* DATA LISTING:
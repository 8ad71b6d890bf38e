-- ===== src/Http/Final/Steps.antt =====
-- What each step of a server's threads, whether it returns, throws or is undefined, leaves of the
-- promises that are satisfied.
use protei_cov.Prelude.{
  ℕ, ◌≡◌, refl, List, Option, none, some, Text, codes, Bool, inl, inr, true, if◌then◌else◌, ltb,
}
use protei_cov.Effects.{ok, pure, gets, when, deref, is_future_error, ◌>>=◌, ◌>>◌}
use protei_cov.Effects.Grows.{Grows, Grows-bind, Grows-result, Grows-if, Grows-when, Grows-try}
use protei_cov.Json.{PropertyTree, Host}
use protei_cov.World.{World}
use protei_cov.Task.{Distribution}
use protei_cov.Config.ThreadSafe.{ThreadSafeConfig, update_config}
use protei_cov.Config.Monitor.{notify}
use protei_cov.Pool.Join.{Turn}
use protei_cov.Pool.Final.{turn-Final}
use protei_cov.Manager.{Manager, on_config, itself}
use protei_cov.Manager.Configs.{thread_safe}
use protei_cov.Manager.Move.{worker_moves}
use protei_cov.Manager.Final.{
  FinalCalls, FinalBeside, final_calls_order, final_beside_order, on_system-Final,
  manager_add_task-Final, on_config-Final, on_manager-Final, update-Final,
}
use protei_cov.Http.Connections.{
  Connection, Promising, receive, begin_call, begin_update, begin, step_update, reply_update,
  IsOver, unopened, reread, notified, asking, calling, wake, advance, replied, closed,
}
use protei_cov.Http.Defs.{strip_prefix}
use protei_cov.Http.Visits.{Visit, its_manager, accept}
use protei_cov.Http.Serving.{Watching, see_file, watch_on, keep_time, asleep, read_at, told_at}

module _ {P : Type 0} (boost : PropertyTree P) (d : Distribution) where
  notify-Final :
      (joining : ℕ → List Turn)
      → Grows FinalBeside
          (λ s. notify boost (itself (thread_safe boost) d (joining s.1.system.pool.size)) s)
  unfolding notify
  notify-Final joining = record {
    at = λ s.
        (Grows-bind (gets (λ s'. s'.0.has_manager))
            (λ set. when set (itself (thread_safe boost) d (joining s.1.system.pool.size)).update)
            (Grows-result _)
            λ set.
              Grows-when set (update-Final (thread_safe boost) d (joining s.1.system.pool.size))).at
          s;
  }

  module _ (v : Visit) where
    abbrev m : Promising (ThreadSafeConfig P × Manager)
    m = its_manager boost d v

    begin_call-Final : (number : Text) → Grows FinalBeside (begin_call true m number)
    begin_call-Final number =
        Grows-try (deref true >> m.add_task number >>= λ call. pure (calling call.0 call.1)) _
          (Grows-bind (deref true >> m.add_task number) (λ call. pure (calling call.0 call.1))
            (Grows-bind (deref true) (λ _. m.add_task number) (Grows-result _)
              λ _. on_manager-Final (manager_add_task-Final v.arrival number))
            λ call. Grows-result _)
          λ e. Grows-if (is_future_error e) (Grows-result _) (Grows-result _)

    begin_update-Final : Grows FinalBeside (begin_update true m)
    begin_update-Final =
        Grows-bind (gets m.may_update)
          (λ go. if go then (m.update_config >> pure reread) else pure asking) (Grows-result _)
          λ go.
            Grows-if go
              (Grows-bind m.update_config (λ _. pure reread) (on_config-Final _)
                λ _. Grows-result _)
              (Grows-result _)

    begin-Final : (phone rest : Option Text) → Grows FinalBeside (begin true m phone rest)
    begin-Final (some number) rest = begin_call-Final number
    begin-Final none (some rest) = begin_update-Final
    begin-Final none none = Grows-result _

    pub accept-Final :
        (is_get : Bool) (path : Text) → Grows FinalBeside (accept boost d v is_get path)
    unfolding receive
    accept-Final is_get path =
        Grows-if is_get
          (Grows-try
            (begin true m (strip_prefix (codes "/phone=") path)
              (strip_prefix (codes "/update") path))
            (λ e. pure closed)
            (begin-Final (strip_prefix (codes "/phone=") path)
              (strip_prefix (codes "/update") path))
            λ e. Grows-result _)
          (Grows-result _)

    step_update-Final : (c : Connection) → Grows FinalBeside (step_update m c)
    step_update-Final unopened = Grows-result _
    step_update-Final (calling id p) = Grows-result _
    step_update-Final reread =
        Grows-bind m.notify (λ _. pure notified) (notify-Final v.joining) λ _. Grows-result _
    step_update-Final notified =
        Grows-bind m.note_time (λ _. pure asking) (on_config-Final _) λ _. Grows-result _
    step_update-Final asking =
        Grows-bind m.is_updated (λ updated. pure (reply_update updated)) (on_config-Final _)
          λ _. Grows-result _
    step_update-Final (replied res) = Grows-result _
    step_update-Final closed = Grows-result _

    pub advance-Final : (c : Connection) → Grows FinalBeside (advance m c)
    unfolding advance
    advance-Final c =
        Grows-try (step_update m c) (λ e. pure closed) (step_update-Final c) λ e. Grows-result _

    pub advance-IsOver :
        (c : Connection) (s : ThreadSafeConfig P × Manager) → IsOver c → advance m c s ≡ (ok c, s)
    unfolding advance
    advance-IsOver c s (inl e) = rw e refl
    advance-IsOver c s (inr (res, e)) = rw e refl

  pub worker_moves-Final : (t : Turn) → Grows FinalCalls (worker_moves d t)
  worker_moves-Final t = record {
    at = λ n.
        (Grows-if (ltb t.worker n.system.pool.size)
            (on_system-Final (turn-Final d t.worker t.thread t.env)) (Grows-result _)).at
          n;
  }

  pub see_file-Final :
      (t : ℕ) (host : Host) (w : Watching) → Grows FinalBeside (see_file boost d t host w)
  see_file-Final t host asleep =
      Grows-bind (gets (λ s. s.0.last_write_time))
        (λ last.
          if ltb last t
          then (on_config (update_config boost host) >> pure (read_at t))
          else pure asleep)
        (Grows-result _)
        λ last.
          Grows-if (ltb last t)
            (Grows-bind (on_config (update_config boost host)) (λ _. pure (read_at t))
              (on_config-Final _) λ _. Grows-result _)
            (Grows-result _)
  see_file-Final t host (read_at u) = Grows-result _
  see_file-Final t host (told_at u) = Grows-result _

  pub watch_on-Final :
      (joining : ℕ → List Turn) (w : Watching) → Grows FinalBeside (watch_on boost d joining w)
  watch_on-Final joining asleep = Grows-result _
  watch_on-Final joining (read_at t) =
      Grows-bind (λ s. notify boost (itself (thread_safe boost) d (joining s.1.system.pool.size)) s)
        (λ _. pure (told_at t)) (notify-Final joining) λ _. Grows-result _
  watch_on-Final joining (told_at t) =
      Grows-bind (keep_time t) (λ _. pure asleep) (on_config-Final _) λ _. Grows-result _

pub over-wake : (w : World) (c : Connection) → IsOver c → wake w c ≡ c
unfolding wake
over-wake w c (inl e) = rw e refl
over-wake w c (inr (res, e)) = rw e refl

* WORK REQUIRED: Output exactly the lines of the material above from the one containing "(is_get : Bool)" up to and including the one containing "step_update-Final : (c".

* ANSWER TO THE PROBLEM:
        (is_get : Bool) (path : Text) → Grows FinalBeside (accept boost d v is_get path)
    unfolding receive
    accept-Final is_get path =
        Grows-if is_get
          (Grows-try
            (begin true m (strip_prefix (codes "/phone=") path)
              (strip_prefix (codes "/update") path))
            (λ e. pure closed)
            (begin-Final (strip_prefix (codes "/phone=") path)
              (strip_prefix (codes "/update") path))
            λ e. Grows-result _)
          (Grows-result _)

    step_update-Final : (c : Connection) → Grows FinalBeside (step_update m c)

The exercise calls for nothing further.